[REQUIREMENT]:
For the entries below, repeat exactly each line starting with the one that contains "throw_if false e s = done tt s" and going on through the one that contains "Ensures (throws e s) P Q = Q e s", and no others.

Dataset entries

-- ===== src/Lib.antt =====
-- A model of the readout software of the FLP prototype: the parts of it that decide what happens to
-- data and to the cards that deliver it, and what holds of them.
--
-- A card (C-RORC, CRU, or a dummy) writes data into the superpages of a buffer. A DMA channel (RORC/src)
-- hands free superpages to the card, sees which of them have arrived, and gives them back to the client in
-- the order of their arrival; all of a channel's methods run in one thread. The readout (Readout/src)
-- passes blocks of data between threads through the FIFO of the common library (Common/include/Common).
--
-- The files:
--   Base: tests, lists over the native numbers, int arithmetic, and outcomes: what a method leaves is
--     a result and a state, an exception and a state, or undefined behaviour (an index out of a vector,
--     the front of an empty queue, a value that was never written). boost::circular_buffer is a
--     parameter, CircularBuffer: its push_back() appends where there is room.
--   Common: the common library.
--     Fifo: Common/include/Common/Fifo.h; Fifo.Turns is the same code as steps of a writer and a reader
--       that take turns in any order, each up to its next access to what they share.
--     LineBuffer: Common/src/LineBuffer.cxx. What select() and read() give is a list of inputs; the loop over
--       the lines of one read has the size of the buffer as its fuel.
--     SuffixNumber: Common/include/Common/SuffixNumber.h and Common/src/SuffixNumber.cxx.
--   DataFormat: the data format library, DataFormat/src.
--     MemPool: MemPool.cxx, the pool of pages, with one call at a time.
--   Readout: the readout, Readout/src.
--     Aggregator: DataBlockAggregator.cxx, one round of its thread.
--     DataChecker: ConsumerDataChecker.cxx, with memory as a list of 32-bit words and a fuel for the pages.
--   Rorc: the readout cards, RORC/src.
--     Superpage, Error: include/ReadoutCard/Superpage.h, and the exceptions by their messages.
--     Queue: SuperpageQueue.h, the internal queues of the C-RORC channel.
--     Dma: DmaChannelPdaBase.cxx, the DMA state in front of the device, and the check of a superpage;
--       a subclass is a parameter. Opening: the constructors of DmaChannelBase.cxx and DmaChannelPdaBase.cxx.
--     Pda: PdaDmaBuffer.cxx and PdaBar.h, the scatter-gather list and the range check of a BAR.
--     Bits, Bar, BarAccessor: Utilities/Util.h, the register interface and Cru/BarAccessor.h. A card is
--       a parameter: it answers a read with any value and may refuse any access, given all accesses so
--       far.
--     Cru: Cru/CruDmaChannel.cxx, with the queues of the links and the ready queue.
--     Crorc: Crorc/CrorcDmaChannel.cxx and Crorc/ReadyFifo.h, as State, Device (what is sent to the card)
--       and Transfer (pages, arrivals and the calls of the client). The methods of class Crorc are commands; a
--       card answers them with any value and may refuse any, given all commands so far, and so are the
--       entries of the ready FIFO, which the card writes. A failed assertion counts as undefined.
--     CrorcCard: class Crorc and the flash functions of Crorc/Crorc.cxx, by their register accesses: Constants
--       (Crorc/Constants.h), Registers, Link (commands and status words, Crorc/StWord.h), DataGenerator,
--       Reset, Status (ddlInterpretIFSTW()), Flash, Program (programFlash()) and Serial (getSerial()). The
--       others are proofs: Polling and Waits on the loops that check the card up to a number of times,
--       Send, Commands and Answer on the protocol of the link, FlashWrites to FlashProgram on what is
--       written to the flash, NotGood to FlashStuck on when it counts as stuck.
--     Sca: CommandLineUtilities/AliceLowlevelFrontend/Sca.cxx, the slow-control adapter, as Flags (checkError()),
--       Items and Sequence (what one command does) and Gpio (initialize() and gpioWrite()).
--     LinkMask: Parameters.cxx, linkMaskFromString().
--     Dummy: Dummy/DummyDmaChannel.cxx.
--
-- Numbers of the types size_t, uintptr_t, uint32_t and uint8_t are natural numbers with the wrap-around
-- written out where a sum or a conversion can exceed them. The loops recur on the length of what they
-- go through, on a number of rounds known before, or on a fuel; the theorems say how much of it is enough.
--
-- Not modelled: log messages, sleeps, the PDA library, the operating system (locks, files, memory
-- mappings), floating-point conversions and the formatting of text.
pub mod Base
pub mod Common
pub mod DataFormat
pub mod Readout
pub mod Rorc
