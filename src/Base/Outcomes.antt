-- ===== src/Base/Outcomes.antt =====
-- What a C++ method does to its object: it returns, it throws (the object keeps what was written
-- before the throw), or its behaviour is undefined.
use mathlib.Core.Bool.{Bool, true, false}
use mathlib.Core.Option.{Option, none, some}

pub data Outcome (S E A : Type 0) : Type 0 where
  done : A → S → Outcome S E A
  throws : E → S → Outcome S E A
  undefined : Outcome S E A

infixl 5 ◌>>=◌ ◌>>◌
abbrev pub ◌>>=◌ :
    {S E A B : Type 0} → (S → Outcome S E A) → (A → S → Outcome S E B) → S → Outcome S E B
◌>>=◌ m f s = elim (m s) [ done a t ↦ f a t | throws e t ↦ throws e t | undefined ↦ undefined ]

abbrev pub ◌>>◌ :
    {S E B : Type 0} → (S → Outcome S E (Unit {0})) → (S → Outcome S E B) → S → Outcome S E B
◌>>◌ m k = m >>= λ _. k

abbrev pub pure : {S E A : Type 0} → A → S → Outcome S E A
pure a s = done a s

abbrev pub gets : {S E A : Type 0} → (S → A) → S → Outcome S E A
gets f s = done (f s) s

abbrev pub modify : {S E : Type 0} → (S → S) → S → Outcome S E (Unit {0})
modify f s = done tt (f s)

-- The value is there, or reading it is undefined behaviour.
abbrev pub defined : {S E A : Type 0} → Option A → S → Outcome S E A
defined none s = undefined
defined (some a) s = done a s

-- `if (test) BOOST_THROW_EXCEPTION(...)`
abbrev pub throw_if : {S E : Type 0} → Bool → E → S → Outcome S E (Unit {0})
throw_if true e s = throws e s
throw_if false e s = done tt s

-- A property of what a run leaves: undefined behaviour meets none.
abbrev pub Ensures : {S E A : Type 0} → Outcome S E A → (A → S → Type 0) → (E → S → Type 0) → Type 0
Ensures (done a s) P Q = P a s
Ensures (throws e s) P Q = Q e s
Ensures undefined P Q = ⊥

-- What follows a step is shown from what the step leaves.
pub >>=-Ensures :
    {S E A B : Type 0} (m : S → Outcome S E A) (k : A → S → Outcome S E B) (P : A → S → Type 0)
    (Q : E → S → Type 0) (R : B → S → Type 0) (s : S)
    → Ensures (m s) P Q
    → ((a : A) (t : S) → P a t → Ensures (k a t) R Q)
    → Ensures ((m >>= k) s) R Q
>>=-Ensures m k P Q R s h r =
    (elim (m s)
        as (λ o.
          Ensures o P Q
          → Ensures (elim o [ done a t ↦ k a t | throws e t ↦ throws e t | undefined ↦ undefined ])
              R Q) [ done a t ↦ λ p. r a t p | throws e t ↦ λ q. q | undefined ↦ λ f. f ])
      h

pub Ensures-mono :
    {S E A : Type 0} (o : Outcome S E A) (P P' : A → S → Type 0) (Q Q' : E → S → Type 0)
    → Ensures o P Q
    → ((a : A) (s : S) → P a s → P' a s)
    → ((e : E) (s : S) → Q e s → Q' e s)
    → Ensures o P' Q'
Ensures-mono (done a s) P P' Q Q' h f g = f a s h
Ensures-mono (throws e s) P P' Q Q' h f g = g e s h
Ensures-mono undefined P P' Q Q' h f g = h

[TASK RESULT]:
throw_if false e s = done tt s

-- A property of what a run leaves: undefined behaviour meets none.
abbrev pub Ensures : {S E A : Type 0} → Outcome S E A → (A → S → Type 0) → (E → S → Type 0) → Type 0
Ensures (done a s) P Q = P a s
Ensures (throws e s) P Q = Q e s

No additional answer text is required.